To do = Within the entries below, find each line containing the word "length" and copy it.

═══ Input ═══

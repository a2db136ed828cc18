-- ===== src/Nftables/Rules.antt =====
-- `extract_rule_comment` and `parse_rule_frame` of crates/nlx-netlink/src/collectors/nftables.rs.
use mathlib.Core.List.{foldl}
use netlink_exporter.Base.{
  ℕ, zero, suc, ◌&&◌, List, [], ◌∷◌, Option, none, some, ltb, ◌==◌, if◌then◌else◌, length, is_empty,
  take, drop,
}
use netlink_exporter.Base.Order.{text_eq}
use netlink_exporter.Base.Text.{Text, codes}
use netlink_exporter.Nftables.{cstr_to_string, nfgenmsg_len}
use netlink_exporter.Wire.{Bytes, Nla, parse_attrs, nested_attrs, read_u64_be}
use netlink_exporter.Wire.Names.{strip_nul}

pub record NftRuleCounter : Type 0 where
  pub table : Text
  pub chain : Text
  pub comment : Text
  pub bytes : ℕ
  pub packets : ℕ

-- The variables of the loop over the attributes of a rule.
pub record RuleState : Type 0 where
  pub table : Text
  pub chain : Text
  pub comment : Option Text
  pub counter_bytes : Option ℕ
  pub counter_packets : Option ℕ

-- An expression of a rule.
pub record ExprState : Type 0 where
  pub expr_name : Text
  pub expr_bytes : Option ℕ
  pub expr_packets : Option ℕ

-- The match on one attribute of a counter: 1 is the bytes, 2 the packets.
unfoldable pub counter_expr_attr : ExprState → Nla → ExprState
counter_expr_attr e a =
    if a.ty == 1
    then record e { expr_bytes = read_u64_be a.payload }
    else if a.ty == 2
    then record e { expr_packets = read_u64_be a.payload }
    else e

module _ (lossy : Bytes → Text) where
  -- The loop over the records `type, length, data` of the user data, on fuel: `blob` is what is left
  -- from `pos` on. A record takes two bytes at least, so the length of the blob is enough.
  unfoldable pub comment_from : ℕ → Bytes → Option Text
  comment_from zero blob = none
  comment_from (suc fuel) [] = none
  comment_from (suc fuel) (ty ∷ []) = none
  comment_from (suc fuel) (ty ∷ (len ∷ rest)) =
      let later = comment_from fuel (drop len rest) in
      let comment = lossy (strip_nul (take len rest)) in
      if ltb (length rest) len
      then none
      else if (ty == 0) && ltb 0 len
      then (if is_empty comment then later else some comment)
      else later

  unfoldable pub extract_rule_comment : Bytes → Option Text
  unfolding comment_from
  extract_rule_comment blob = comment_from (length blob) blob

  -- The match on one attribute of an expression: 1 is the name, 2 the data.
  unfoldable pub expr_attr : ExprState → Nla → ExprState
  unfolding counter_expr_attr
  expr_attr e a =
      if a.ty == 1
      then record e { expr_name = cstr_to_string lossy a.payload }
      else if a.ty == 2
      then foldl counter_expr_attr e (nested_attrs a.payload)
      else e

  -- The loop over the expressions, up to the first counter. `NFTA_LIST_ELEM` is 1.
  unfoldable pub find_counter : List Nla → RuleState → RuleState
  unfolding expr_attr
  find_counter [] r = r
  find_counter (l ∷ rest) r =
      let later = find_counter rest r in
      let e : ExprState =
        foldl expr_attr (record { expr_name = []; expr_bytes = none; expr_packets = none })
          (nested_attrs l.payload) in
      if l.ty == 1
      then (if text_eq e.expr_name (codes "counter")
          then record r { counter_bytes = e.expr_bytes; counter_packets = e.expr_packets }
          else later)
      else later

  -- The match on one attribute of a rule: 1 is the table, 2 the chain, 7 the user data, 4 the
  -- expressions.
  unfoldable pub rule_attr : RuleState → Nla → RuleState
  unfolding extract_rule_comment find_counter
  rule_attr r a =
      if a.ty == 1
      then record r { table = cstr_to_string lossy a.payload }
      else if a.ty == 2
      then record r { chain = cstr_to_string lossy a.payload }
      else if a.ty == 7
      then record r { comment = extract_rule_comment a.payload }
      else if a.ty == 4
      then find_counter (nested_attrs a.payload) r
      else r

  abbrev no_rule : RuleState
  no_rule = record {
    table = [];
    chain = [];
    comment = none;
    counter_bytes = none;
    counter_packets = none;
  }

  -- The three `?` at the end, in their order.
  abbrev finish_rule : RuleState → Option NftRuleCounter
  finish_rule r = elim r.comment [
    | none ↦ none
    | some comment ↦ elim r.counter_bytes [
      | none ↦ none
      | some bytes ↦ elim r.counter_packets [
        | none ↦ none
        | some packets ↦ some (record {
          table = r.table;
          chain = r.chain;
          comment = comment;
          bytes = bytes;
          packets = packets;
        })
      ]
    ]
  ]

  unfoldable pub parse_rule_frame : Bytes → Option NftRuleCounter
  unfolding rule_attr
  parse_rule_frame frame =
      if ltb (length frame) nfgenmsg_len
      then none
      else finish_rule (foldl rule_attr no_rule (parse_attrs (drop nfgenmsg_len frame)))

═══

Task result =
  ℕ, zero, suc, ◌&&◌, List, [], ◌∷◌, Option, none, some, ltb, ◌==◌, if◌then◌else◌, length, is_empty,
  -- The loop over the records `type, length, data` of the user data, on fuel: `blob` is what is left
  -- from `pos` on. A record takes two bytes at least, so the length of the blob is enough.
      if ltb (length rest) len
  extract_rule_comment blob = comment_from (length blob) blob
      if ltb (length frame) nfgenmsg_len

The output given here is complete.